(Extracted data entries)
══════════════════════════════

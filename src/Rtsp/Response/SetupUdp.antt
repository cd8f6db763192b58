-- ===== src/Rtsp/Response/SetupUdp.antt =====
-- SETUP over UDP, where the server opens a pair of sockets for the track.
use my_rtsp_server.Prelude.{
  ℕ, suc, ◌+◌, ◌<◌, ◌≡◌, refl, sym, ap, ◌∙◌, true, false, not, Option, none, some, List, subst,
  ◌==◌, ==_iff, length, Returns, Returns->>=, ◌^◌, Bool, Returns-map,
}
use my_rtsp_server.Prelude.Text.{bytes_eq_refl}
use my_rtsp_server.Buffer.{Buffer, peek}
use my_rtsp_server.Buffer.Contents.{IsValid}
use my_rtsp_server.Rtp.Instance.{
  RtpInstance, RtcpInstance, new_over_udp, new_rtcp, set_session_id, set_rtcp_session_id,
}
use my_rtsp_server.Session.{
  TrackId, track_id_none, track_id0, track_id1, MediaSession, add_rtp_instance,
}
use my_rtsp_server.Rtsp.{RtspConnection}
use my_rtsp_server.Rtsp.Scan.{scan_set}
use my_rtsp_server.Rtsp.Ports.{PortPair, create_rtp_rtcp_over_udp}
use my_rtsp_server.Rtsp.World.{World, lookup_media_session, lookup-update_session}
use my_rtsp_server.Rtsp.Answer.{Env, message_buffer, send_message, reply}
use my_rtsp_server.Rtsp.Response.{
  rtp_at, rtcp_at, put_instances, is_some, setup_ports, setup_udp, setup_track, handle_cmd_setup,
}
use my_rtsp_server.Rtsp.Response.Messages.{CanAnswer, Answered, send_message-Answered, message_fits}
use my_rtsp_server.Rtsp.Response.Setup.{
  Returns-×, Kept, send_message-Kept, rtp_at-answered, rtp_at-put_instances,
  put_instances-output_buffer, handle_cmd_setup-setup_track,
}

-- The two instances of a pair of sockets: they send from its ports to the client's.
abbrev pub udp_instance : Env → PortPair → RtspConnection → RtpInstance
udp_instance env ports c =
    set_session_id c.session_id
      (new_over_udp ports.rtp_sockfd ports.rtp_port c.peer_ip c.peer_rtp_port env.unset_channel)

abbrev pub udp_rtcp_instance : Env → PortPair → RtspConnection → RtcpInstance
udp_rtcp_instance env ports c = set_rtcp_session_id c.session_id (
    new_rtcp ports.rtcp_sockfd ports.rtcp_port c.peer_ip c.peer_rtcp_port env.unset_alive
      env.unset_id)

-- What SETUP leaves where it got the pair `ports`.
abbrev pub SetUpUdp :
    Env
    → PortPair
    → List ℕ
    → MediaSession
    → RtspConnection
    → World
    → Bool × RtspConnection × World
    → Type 0
SetUpUdp env ports name s c w (done, c', w') =
    (done ≡ true)
    × (rtp_at c.track_id c' ≡ some (some w.next))
    × (rtcp_at c.track_id c' ≡ some (some (suc w.next)))
    × (w'.instances w.next ≡ some (udp_instance env ports c))
    × (w'.rtcp_instances (suc w.next) ≡ some (udp_rtcp_instance env ports c))
    × (lookup_media_session name w'.sessions ≡ some (add_rtp_instance c.track_id w.next s).1)

rtcp_at-answered :
    (id : TrackId) (c : RtspConnection) (b : Buffer) (sent : List ℕ)
    → rtcp_at id (record c { output_buffer = b; sent = sent }) ≡ rtcp_at id c
rtcp_at-answered track_id_none c b sent = refl
rtcp_at-answered track_id0 c b sent = refl
rtcp_at-answered track_id1 c b sent = refl

rtcp_at-put_instances :
    (id : TrackId) (rtp rtcp : Option ℕ) (c : RtspConnection) {old : Option ℕ}
    → rtcp_at id c ≡ some old
    → rtcp_at id (put_instances id rtp rtcp c) ≡ some rtcp
unfolding put_instances
rtcp_at-put_instances track_id_none rtp rtcp c h = cc
rtcp_at-put_instances track_id0 rtp rtcp c h = refl
rtcp_at-put_instances track_id1 rtp rtcp c h = refl

-- What an answer leaves: the world, and the connection's pointers.
reply-kept :
    (env : Env) (text : List ℕ) (c : RtspConnection) (w : World) (n : ℕ) (id : TrackId)
    → CanAnswer env c n
    → Returns
        (λ r.
          (r.0 ≡ true)
          × (rtp_at id r.1 ≡ rtp_at id c)
          × (rtcp_at id r.1 ≡ rtcp_at id c)
          × (r.2 ≡ w))
        (reply env text c w)
unfolding reply Answered Kept
reply-kept env text c w n id r =
    Returns->>= (λ q. Answered c (message_buffer text) n q × Kept c q) _
      (send_message env (message_buffer text) c) _
      (Returns-× (Answered c (message_buffer text) n) (Kept c)
        (send_message env (message_buffer text) c)
        (send_message-Answered env (message_buffer text) c n r (message_fits text))
        (send_message-Kept env (message_buffer text) c n r (message_fits text)))
      (λ q k. (
        k.0.0,
        ap (rtp_at id) k.1 ∙ rtp_at-answered id c q.1.output_buffer q.1.sent,
        ap (rtcp_at id) k.1 ∙ rtcp_at-answered id c q.1.output_buffer q.1.sent,
        refl,
      ))

ready-put_instances :
    (env : Env) (c : RtspConnection) (n : ℕ) (rtp rtcp : Option ℕ)
    → CanAnswer env c n
    → CanAnswer env (put_instances c.track_id rtp rtcp c) n
ready-put_instances env c n rtp rtcp r =
    let same = put_instances-output_buffer c.track_id rtp rtcp c in
    record {
      allocates = r.allocates;
      valid = subst (λ b. IsValid b) (sym same) r.valid;
      drained = ap peek same ∙ r.drained;
      low = subst (λ (b : Buffer). b.write_index + 2048 < 2 ^ 32) (sym same) r.low;
      takes = r.takes;
    }

-- What SETUP comes to, by whether it got a pair of sockets.
abbrev pub UdpOutcome :
    Option PortPair
    → Env
    → List ℕ
    → MediaSession
    → RtspConnection
    → World
    → Bool × RtspConnection × World
    → Type 0
UdpOutcome none env name s c w r = r ≡ (false, c, w)
UdpOutcome (some ports) env name s c w r = SetUpUdp env ports name s c w r

setup_ports-UdpOutcome :
    (o : Option PortPair) (env : Env) (name : List ℕ) (s : MediaSession) (c : RtspConnection)
    (w : World) (n : ℕ)
    → CanAnswer env c n
    → rtp_at c.track_id c ≡ some none
    → rtcp_at c.track_id c ≡ some none
    → lookup_media_session name w.sessions ≡ some s
    → Returns (UdpOutcome o env name s c w) (setup_ports env name s o c w)
unfolding setup_ports
setup_ports-UdpOutcome none env name s c w n r free free' found = refl
setup_ports-UdpOutcome (some ports) env name s c w n r free free' found =
    let p = w.next in
    let c1 = put_instances c.track_id (some p) (some (suc p)) c in
    Returns-map {Q = SetUpUdp env ports name s c w} _
      (λ t k. (
        k.0,
        k.1 ∙ rtp_at-put_instances c.track_id (some p) (some (suc p)) c free,
        k.2 ∙ rtcp_at-put_instances c.track_id (some p) (some (suc p)) c free',
        ap (λ (w1 : World). w1.instances p) k.3 ∙ rw ((==_iff p p).1 refl) refl,
        ap (λ (w1 : World). w1.rtcp_instances (suc p)) k.3
            ∙ rw ((==_iff (suc p) (suc p)).1 refl) refl,
        ap (λ (w1 : World). lookup_media_session name w1.sessions) k.3
            ∙ lookup-update_session name name (add_rtp_instance c.track_id p s).1 s w.sessions found
            ∙ rw (bytes_eq_refl name) refl,
      ))
      (reply-kept env _ c1 _ n c.track_id (ready-put_instances env c n (some p) (some (suc p)) r))

-- SETUP over UDP, by what `CreateRtpRtcpOverUdp` gives. Without a pair of sockets SETUP fails, and
-- the connection and the world are as they were. With a pair it succeeds: the connection points to
-- a new RTP and a new RTCP instance, these are there with the pair's sockets and ports, the
-- client's address and ports, and the session id, and the session of the URL is as
-- `AddRtpInstance` with the RTP instance leaves it. The conditions: the URL names the session in
-- fewer than 100 bytes, the connection has no instance of the track it asks for, has described a
-- session that is not multicast, does not use RTP over TCP, and can answer (`realloc` does what it
-- documents, its output buffer is valid, empty and has its write index low, and the next write
-- takes some bytes).
pub handle_cmd_setup_udp :
    (env : Env) (name rest own : List ℕ) (s described : MediaSession) (c : RtspConnection)
    (w : World) (n : ℕ)
    → CanAnswer env c n
    → scan_set (λ x. not (x == b'/')) c.suffix ≡ some (name, rest)
    → length name < 100
    → lookup_media_session name w.sessions ≡ some s
    → rtp_at c.track_id c ≡ some none
    → rtcp_at c.track_id c ≡ some none
    → c.session ≡ some own
    → lookup_media_session own w.sessions ≡ some described
    → described.is_start_multicast ≡ false
    → c.is_rtp_over_tcp ≡ false
    → Returns
        (UdpOutcome (create_rtp_rtcp_over_udp env.attempts).ports env name s c w)
        (handle_cmd_setup env c w)
unfolding setup_track setup_udp is_some
handle_cmd_setup_udp env name rest own s described c w n r scanned short found free free' mine known
      single udp =
    subst (Returns (UdpOutcome (create_rtp_rtcp_over_udp env.attempts).ports env name s c w))
      (sym (handle_cmd_setup-setup_track env name rest s c w scanned short found))
      (simp (free, free', mine, known, single, udp)
        (setup_ports-UdpOutcome (create_rtp_rtcp_over_udp env.attempts).ports env name s c w n r
          free free' found))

══════════════════════════════

> _DIRECTIONS_:
Would you copy out every line in the records that includes the string "unfolding"?

> _ANSWER TO THE PROBLEM_:
unfolding put_instances
unfolding reply Answered Kept
unfolding setup_ports
unfolding setup_track setup_udp is_some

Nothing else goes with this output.